===== Available data

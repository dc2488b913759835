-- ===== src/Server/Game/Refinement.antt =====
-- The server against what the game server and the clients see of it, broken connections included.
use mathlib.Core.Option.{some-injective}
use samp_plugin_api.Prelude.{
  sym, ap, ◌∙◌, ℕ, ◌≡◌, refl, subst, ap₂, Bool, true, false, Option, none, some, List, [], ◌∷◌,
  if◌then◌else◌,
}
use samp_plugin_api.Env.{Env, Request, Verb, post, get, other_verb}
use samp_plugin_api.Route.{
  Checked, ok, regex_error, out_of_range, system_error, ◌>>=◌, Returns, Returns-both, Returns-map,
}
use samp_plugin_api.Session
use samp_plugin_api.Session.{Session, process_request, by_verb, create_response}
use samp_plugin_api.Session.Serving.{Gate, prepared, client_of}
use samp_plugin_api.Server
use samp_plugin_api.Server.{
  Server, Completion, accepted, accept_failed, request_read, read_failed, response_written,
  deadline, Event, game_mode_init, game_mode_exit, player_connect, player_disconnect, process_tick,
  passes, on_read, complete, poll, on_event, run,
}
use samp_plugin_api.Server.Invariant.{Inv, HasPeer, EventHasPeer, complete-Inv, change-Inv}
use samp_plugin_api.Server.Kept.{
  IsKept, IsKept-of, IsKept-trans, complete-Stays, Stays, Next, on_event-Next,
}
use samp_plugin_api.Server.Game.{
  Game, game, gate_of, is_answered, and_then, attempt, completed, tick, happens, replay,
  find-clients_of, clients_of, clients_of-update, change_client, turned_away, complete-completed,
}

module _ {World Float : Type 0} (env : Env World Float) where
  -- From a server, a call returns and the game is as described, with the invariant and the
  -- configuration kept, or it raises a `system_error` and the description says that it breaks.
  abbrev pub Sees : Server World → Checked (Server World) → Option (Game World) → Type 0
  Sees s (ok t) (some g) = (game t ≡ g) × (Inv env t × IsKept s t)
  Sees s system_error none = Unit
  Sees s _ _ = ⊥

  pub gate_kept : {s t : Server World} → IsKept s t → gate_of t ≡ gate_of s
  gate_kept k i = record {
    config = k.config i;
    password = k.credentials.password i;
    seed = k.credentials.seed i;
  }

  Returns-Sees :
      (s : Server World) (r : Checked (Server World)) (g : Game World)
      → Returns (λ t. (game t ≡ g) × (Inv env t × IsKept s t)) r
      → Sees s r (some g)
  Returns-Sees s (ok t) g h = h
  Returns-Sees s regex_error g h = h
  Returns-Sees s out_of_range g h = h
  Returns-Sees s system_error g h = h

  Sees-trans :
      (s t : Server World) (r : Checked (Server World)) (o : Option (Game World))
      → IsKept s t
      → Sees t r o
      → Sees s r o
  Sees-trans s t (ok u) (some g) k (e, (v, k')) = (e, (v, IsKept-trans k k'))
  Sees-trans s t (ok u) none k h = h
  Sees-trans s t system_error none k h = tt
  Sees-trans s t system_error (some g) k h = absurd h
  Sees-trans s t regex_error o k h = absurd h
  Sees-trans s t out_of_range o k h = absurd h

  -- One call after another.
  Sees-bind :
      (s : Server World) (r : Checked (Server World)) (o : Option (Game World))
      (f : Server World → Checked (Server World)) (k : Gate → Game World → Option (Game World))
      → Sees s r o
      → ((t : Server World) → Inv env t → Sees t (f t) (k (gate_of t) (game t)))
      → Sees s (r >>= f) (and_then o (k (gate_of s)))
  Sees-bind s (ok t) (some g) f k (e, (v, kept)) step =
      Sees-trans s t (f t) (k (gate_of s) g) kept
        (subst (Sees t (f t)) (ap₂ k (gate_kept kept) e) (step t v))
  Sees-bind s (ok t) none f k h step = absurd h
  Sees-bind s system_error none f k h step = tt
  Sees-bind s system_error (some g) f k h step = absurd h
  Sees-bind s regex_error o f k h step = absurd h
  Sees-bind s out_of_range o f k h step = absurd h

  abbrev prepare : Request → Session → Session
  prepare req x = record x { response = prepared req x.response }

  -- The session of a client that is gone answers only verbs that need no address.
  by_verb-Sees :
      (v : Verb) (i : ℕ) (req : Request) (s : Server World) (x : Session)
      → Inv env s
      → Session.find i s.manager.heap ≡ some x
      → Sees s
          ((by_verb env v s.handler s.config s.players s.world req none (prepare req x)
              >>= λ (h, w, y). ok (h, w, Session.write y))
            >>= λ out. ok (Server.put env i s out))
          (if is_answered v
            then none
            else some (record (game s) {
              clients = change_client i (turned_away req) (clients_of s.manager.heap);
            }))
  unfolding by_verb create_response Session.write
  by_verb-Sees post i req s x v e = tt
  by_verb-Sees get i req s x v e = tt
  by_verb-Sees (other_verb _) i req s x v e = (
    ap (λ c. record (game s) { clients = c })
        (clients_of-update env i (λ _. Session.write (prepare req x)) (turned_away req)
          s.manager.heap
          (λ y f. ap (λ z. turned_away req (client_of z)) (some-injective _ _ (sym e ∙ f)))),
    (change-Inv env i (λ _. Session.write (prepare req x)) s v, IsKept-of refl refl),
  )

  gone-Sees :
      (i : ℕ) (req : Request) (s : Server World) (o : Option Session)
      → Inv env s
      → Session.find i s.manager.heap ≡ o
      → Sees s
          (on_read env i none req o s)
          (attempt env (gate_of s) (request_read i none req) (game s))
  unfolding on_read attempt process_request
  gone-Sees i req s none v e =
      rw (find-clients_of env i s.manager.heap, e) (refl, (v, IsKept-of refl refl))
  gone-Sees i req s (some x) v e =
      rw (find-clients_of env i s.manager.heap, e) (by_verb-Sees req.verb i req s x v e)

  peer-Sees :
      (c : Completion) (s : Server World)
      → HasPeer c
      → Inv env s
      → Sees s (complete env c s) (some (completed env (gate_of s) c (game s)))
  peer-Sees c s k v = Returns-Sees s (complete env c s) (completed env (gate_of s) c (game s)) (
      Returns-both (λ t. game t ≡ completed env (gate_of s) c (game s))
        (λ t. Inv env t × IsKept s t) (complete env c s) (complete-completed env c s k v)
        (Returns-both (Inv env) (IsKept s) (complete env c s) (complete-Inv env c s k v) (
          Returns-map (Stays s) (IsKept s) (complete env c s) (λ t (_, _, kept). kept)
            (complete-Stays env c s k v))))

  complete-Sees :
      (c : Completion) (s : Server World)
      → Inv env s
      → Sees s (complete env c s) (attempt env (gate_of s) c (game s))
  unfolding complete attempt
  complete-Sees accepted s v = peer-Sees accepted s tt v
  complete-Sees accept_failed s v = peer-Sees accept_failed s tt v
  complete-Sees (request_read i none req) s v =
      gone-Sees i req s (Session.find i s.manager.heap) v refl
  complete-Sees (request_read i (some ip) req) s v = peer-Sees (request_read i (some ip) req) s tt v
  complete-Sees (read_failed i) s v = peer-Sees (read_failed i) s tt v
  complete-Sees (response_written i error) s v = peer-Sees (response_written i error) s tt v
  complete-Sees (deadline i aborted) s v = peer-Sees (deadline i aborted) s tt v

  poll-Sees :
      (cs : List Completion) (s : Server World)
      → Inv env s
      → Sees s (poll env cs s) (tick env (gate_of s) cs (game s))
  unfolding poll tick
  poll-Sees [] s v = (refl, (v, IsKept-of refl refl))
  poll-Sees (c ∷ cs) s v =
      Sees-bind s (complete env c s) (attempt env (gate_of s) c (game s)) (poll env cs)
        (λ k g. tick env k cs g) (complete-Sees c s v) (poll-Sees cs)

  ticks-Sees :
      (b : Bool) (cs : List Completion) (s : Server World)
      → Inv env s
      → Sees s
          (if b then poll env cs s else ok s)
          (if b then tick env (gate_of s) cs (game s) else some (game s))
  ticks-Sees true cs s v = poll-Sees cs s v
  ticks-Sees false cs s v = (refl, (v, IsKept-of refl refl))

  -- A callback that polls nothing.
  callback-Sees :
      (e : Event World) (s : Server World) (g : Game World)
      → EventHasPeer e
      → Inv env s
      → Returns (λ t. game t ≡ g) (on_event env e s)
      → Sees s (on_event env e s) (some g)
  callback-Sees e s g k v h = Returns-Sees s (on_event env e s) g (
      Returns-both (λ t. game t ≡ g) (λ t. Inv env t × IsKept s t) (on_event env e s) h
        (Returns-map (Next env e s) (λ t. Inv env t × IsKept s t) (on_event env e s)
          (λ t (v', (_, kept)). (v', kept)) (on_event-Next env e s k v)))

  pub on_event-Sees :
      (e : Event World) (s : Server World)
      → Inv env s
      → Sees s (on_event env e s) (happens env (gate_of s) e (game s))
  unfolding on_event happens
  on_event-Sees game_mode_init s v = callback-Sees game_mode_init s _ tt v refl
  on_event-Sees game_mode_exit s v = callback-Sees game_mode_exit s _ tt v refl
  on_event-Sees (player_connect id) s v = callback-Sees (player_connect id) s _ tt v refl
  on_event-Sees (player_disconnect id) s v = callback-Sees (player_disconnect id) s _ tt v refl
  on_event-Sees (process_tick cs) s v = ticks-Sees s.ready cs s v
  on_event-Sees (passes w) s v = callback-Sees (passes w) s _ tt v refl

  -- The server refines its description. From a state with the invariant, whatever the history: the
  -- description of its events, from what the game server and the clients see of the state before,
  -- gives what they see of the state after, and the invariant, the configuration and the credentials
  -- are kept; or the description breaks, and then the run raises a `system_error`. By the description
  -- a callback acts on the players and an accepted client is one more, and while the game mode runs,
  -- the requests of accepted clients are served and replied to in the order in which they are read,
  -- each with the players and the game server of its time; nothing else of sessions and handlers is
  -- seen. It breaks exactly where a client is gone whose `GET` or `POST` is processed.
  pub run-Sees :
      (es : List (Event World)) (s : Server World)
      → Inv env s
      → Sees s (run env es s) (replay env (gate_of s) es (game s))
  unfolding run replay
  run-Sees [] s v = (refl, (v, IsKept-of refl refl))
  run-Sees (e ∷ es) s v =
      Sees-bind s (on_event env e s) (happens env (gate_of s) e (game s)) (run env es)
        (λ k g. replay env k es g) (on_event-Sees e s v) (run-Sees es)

==========

Your assignment: Wherever the string "they" is found in the entries, copy the line it sits in.

Exercise result:
  -- gives what they see of the state after, and the invariant, the configuration and the credentials
  -- the requests of accepted clients are served and replied to in the order in which they are read,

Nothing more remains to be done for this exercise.